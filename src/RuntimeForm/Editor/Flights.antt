-- ===== src/RuntimeForm/Editor/Flights.antt =====
-- A save in flight, and what becomes of the draft meanwhile.
use mathlib.Core.Path.{subst}
use purels.Base.{
  Bool, Option, [], ap, false, if◌then◌else◌, none, refl, some, sym, true, ◌∙◌, ◌∷◌, ◌≡◌, ◌≢◌,
}
use purels.Js.Number.{Numbers}
use purels.Js.Text.{Text}
use purels.RuntimeForm.{Changes, Draft, Raw, RuntimeGroup, changes, invalid, runtime_changes}
use purels.RuntimeForm.Editor.{
  Answer, Form, Patch, Saved, answered, discard, edit, finish_load, finish_save, mounted_form,
  refused, save, save_from, send_changes, start_load,
}

module _ (n : Numbers) (group : RuntimeGroup) where
  -- The form with the request that it waits for.
  pub record Session : Type 0 where
    pub form : Form n group
    pub flight : Option (Patch n group)

  abbrev pub begun : Session
  begun = record { form = mounted_form n group; flight = none }

  abbrev pub with_form : Session → Form n group → Session
  with_form s f = record s { form = f }

  -- The controls are disabled while a save is in flight, and shown when the settings are loaded.
  pub record IsIdle (f : Form n group) (s : Saved n group) : Type 0 where
    pub loaded : f.saved ≡ some s
    pub free : f.busy ≡ false

  pub data Step : Session → Session → Type 0 where
    -- The retry of a failed load, and the reload after a conflict.
    retries : (s : Session) → s.form.saved ≡ none → Step s (with_form s (start_load n group s.form))
    reloads :
        (s : Session) (k : Saved n group)
        → IsIdle s.form k
        → s.form.conflict ≡ true
        → Step s (with_form s (start_load n group s.form))
    loads :
        (s : Session) (a : Answer n group)
        → s.form.loading ≡ true
        → Step s (with_form s (finish_load n group a s.form))
    types_in :
        (s : Session) (k : Saved n group) (key : Text) (raw : Raw)
        → IsIdle s.form k
        → Step s (with_form s (edit n group key raw s.form))
    discards :
        (s : Session) (k : Saved n group)
        → IsIdle s.form k
        → Step s (with_form s (discard n group k s.form))
    saves :
        (s : Session) (k : Saved n group)
        → IsIdle s.form k
        → Step s (record { form = (save n group s.form).0; flight = (save n group s.form).1 })
    answers :
        (s : Session) (p : Patch n group) (a : Answer n group)
        → s.flight ≡ some p
        → Step s (record { form = finish_save n group a s.form; flight = none })

  pub data Reach : Session → Type 0 where
    here : Reach begun
    next : {s t : Session} → Reach s → Step s t → Reach t

  -- A patch in flight is made from the revision that is shown and holds what the draft changes.
  abbrev pub IsPatchOf : Option (Saved n group) → Draft → Patch n group → Type 0
  IsPatchOf none draft p = ⊥
  IsPatchOf (some k) draft p =
      (p.base ≡ k.revision) × (runtime_changes n k.settings draft group ≡ changes p.edits)

  abbrev pub IsFlightOf : Form n group → Option (Patch n group) → Type 0
  IsFlightOf f none = f.busy ≡ false
  IsFlightOf f (some p) = (f.busy ≡ true) × IsPatchOf f.saved f.draft p

  no_flight :
      (f : Form n group) (o : Option (Patch n group)) → IsFlightOf f o → f.busy ≡ false → o ≡ none
  no_flight f none h e = refl
  no_flight f (some p) h e = cc (h.0, e)

  -- A flight needs loaded settings.
  unloaded :
      (f : Form n group) (o : Option (Patch n group))
      → IsFlightOf f o
      → f.saved ≡ none
      → f.busy ≡ false
  unloaded f none h e = h
  unloaded f (some p) h e = absurd (subst (λ k. IsPatchOf k f.draft p) e h.1)

  -- Without a flight, every form that is not busy is in order.
  free_flight :
      (f g : Form n group) (o : Option (Patch n group))
      → IsFlightOf f o
      → f.busy ≡ false
      → g.busy ≡ false
      → IsFlightOf g o
  free_flight f g o h e e' = rw (no_flight f o h e) e'

  sent-IsFlightOf :
      (k : Saved n group) (c : Changes n) (f : Form n group)
      → f.saved ≡ some k
      → f.busy ≡ false
      → runtime_changes n k.settings f.draft group ≡ c
      → IsFlightOf (send_changes n group k c f).0 (send_changes n group k c f).1
  sent-IsFlightOf k (invalid key) f e b h = b
  sent-IsFlightOf k (changes []) f e b h = b
  sent-IsFlightOf k (changes (c ∷ cs)) f e b h = (
    refl,
    subst (λ o. IsPatchOf o f.draft (record { base = k.revision; edits = c ∷ cs })) (sym e)
        (refl, h),
  )

  abbrev sending : Saved n group → Form n group → Form n group × Option (Patch n group)
  sending k f =
      send_changes n group k (runtime_changes n k.settings f.draft group)
        (record f { problem = none; notice = false })

  save_lem : (f : Form n group) (k : Saved n group) → IsIdle f k → save n group f ≡ sending k f
  unfolding save
  save_lem f k i =
      subst (λ o. save_from n group o f ≡ sending k f) (sym i.loaded)
        (ap (λ (b : Bool). if b then (f, none) else sending k f) i.free)

  saved-IsFlightOf :
      (f : Form n group) (k : Saved n group)
      → IsIdle f k
      → IsFlightOf (save n group f).0 (save n group f).1
  saved-IsFlightOf f k i =
      subst (λ r. IsFlightOf r.0 r.1) (sym (save_lem f k i))
        (sent-IsFlightOf k (runtime_changes n k.settings f.draft group)
          (record f { problem = none; notice = false }) i.loaded i.free refl)

  -- While settings are loaded, none are shown.
  abbrev IsBlankWhileLoading : Form n group → Type 0
  IsBlankWhileLoading f = f.loading ≡ true → f.saved ≡ none

  record IsSound (s : Session) : Type 0 where
    flying : IsFlightOf s.form s.flight
    blank : IsBlankWhileLoading s.form

  send_keeps :
      (k : Saved n group) (c : Changes n) (f : Form n group)
      → ((send_changes n group k c f).0.loading ≡ f.loading)
        × ((send_changes n group k c f).0.saved ≡ f.saved)
  send_keeps k (invalid key) f = (refl, refl)
  send_keeps k (changes []) f = (refl, refl)
  send_keeps k (changes (c ∷ cs)) f = (refl, refl)

  save_keeps :
      (f : Form n group) (k : Saved n group)
      → IsIdle f k
      → ((save n group f).0.loading ≡ f.loading) × ((save n group f).0.saved ≡ f.saved)
  save_keeps f k i =
      subst (λ r. (r.0.loading ≡ f.loading) × (r.0.saved ≡ f.saved)) (sym (save_lem f k i))
        (send_keeps k (runtime_changes n k.settings f.draft group)
          (record f { problem = none; notice = false }))

  flying_settings :
      (f : Form n group) (o : Option (Patch n group)) (p : Patch n group)
      → IsFlightOf f o
      → o ≡ some p
      → f.saved ≢ none
  flying_settings f none p h e = cc
  flying_settings f (some q) p h e =
      λ (blank : f.saved ≡ none). subst (λ k. IsPatchOf k f.draft q) blank h.1

  loading_free : (s : Session) → IsSound s → s.form.loading ≡ true → s.form.busy ≡ false
  loading_free s v l = unloaded s.form s.flight v.flying (v.blank l)

  Step-IsSound : {s t : Session} → Step s t → IsSound s → IsSound t
  Step-IsSound (retries s e) v = record {
    flying =
        free_flight s.form (start_load n group s.form) s.flight v.flying
          (unloaded s.form s.flight v.flying e) (unloaded s.form s.flight v.flying e);
    blank = λ _. refl;
  }
  Step-IsSound (reloads s k i c) v = record {
    flying = free_flight s.form (start_load n group s.form) s.flight v.flying i.free i.free;
    blank = λ _. refl;
  }
  Step-IsSound (loads s (answered k) l) v =
      let b = loading_free s v l in
      record {
        flying = free_flight s.form (finish_load n group (answered k) s.form) s.flight v.flying b b;
        blank = λ e. cc (e);
      }
  Step-IsSound (loads s (refused x) l) v =
      let b = loading_free s v l in
      record {
        flying = free_flight s.form (finish_load n group (refused x) s.form) s.flight v.flying b b;
        blank = λ e. cc (e);
      }
  Step-IsSound (types_in s k key raw i) v = record {
    flying = free_flight s.form (edit n group key raw s.form) s.flight v.flying i.free i.free;
    blank = v.blank;
  }
  Step-IsSound (discards s k i) v = record {
    flying = free_flight s.form (discard n group k s.form) s.flight v.flying i.free i.free;
    blank = v.blank;
  }
  Step-IsSound (saves s k i) v =
      let (a, b) = save_keeps s.form k i in
      record { flying = saved-IsFlightOf s.form k i; blank = λ e. b ∙ v.blank (sym a ∙ e) }
  Step-IsSound (answers s p (answered k) e) v = record {
    flying = refl;
    blank = λ l. absurd (flying_settings s.form s.flight p v.flying e (v.blank l));
  }
  Step-IsSound (answers s p (refused x) e) v = record { flying = refl; blank = v.blank }

  Reach-IsSound : {s : Session} → Reach s → IsSound s
  Reach-IsSound here = record { flying = refl; blank = λ _. refl }
  Reach-IsSound (next r st) = Step-IsSound st (Reach-IsSound r)

  -- After any sequence of loads, edits, discards, saves and answers, each made while its control
  -- is enabled, the form is busy exactly while a request is in flight, and that request has the
  -- revision that is shown and holds exactly the changes of the draft that is shown: what an
  -- answer replaces is what was sent.
  pub Reach-IsFlightOf : {s : Session} → Reach s → IsFlightOf s.form s.flight
  Reach-IsFlightOf r = (Reach-IsSound r).flying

Problem requirements :: Return every line of the entries above that the string "else" appears in.

Solution to this problem ::
  Bool, Option, [], ap, false, if◌then◌else◌, none, refl, some, sym, true, ◌∙◌, ◌∷◌, ◌≡◌, ◌≢◌,
        (ap (λ (b : Bool). if b then (f, none) else sending k f) i.free)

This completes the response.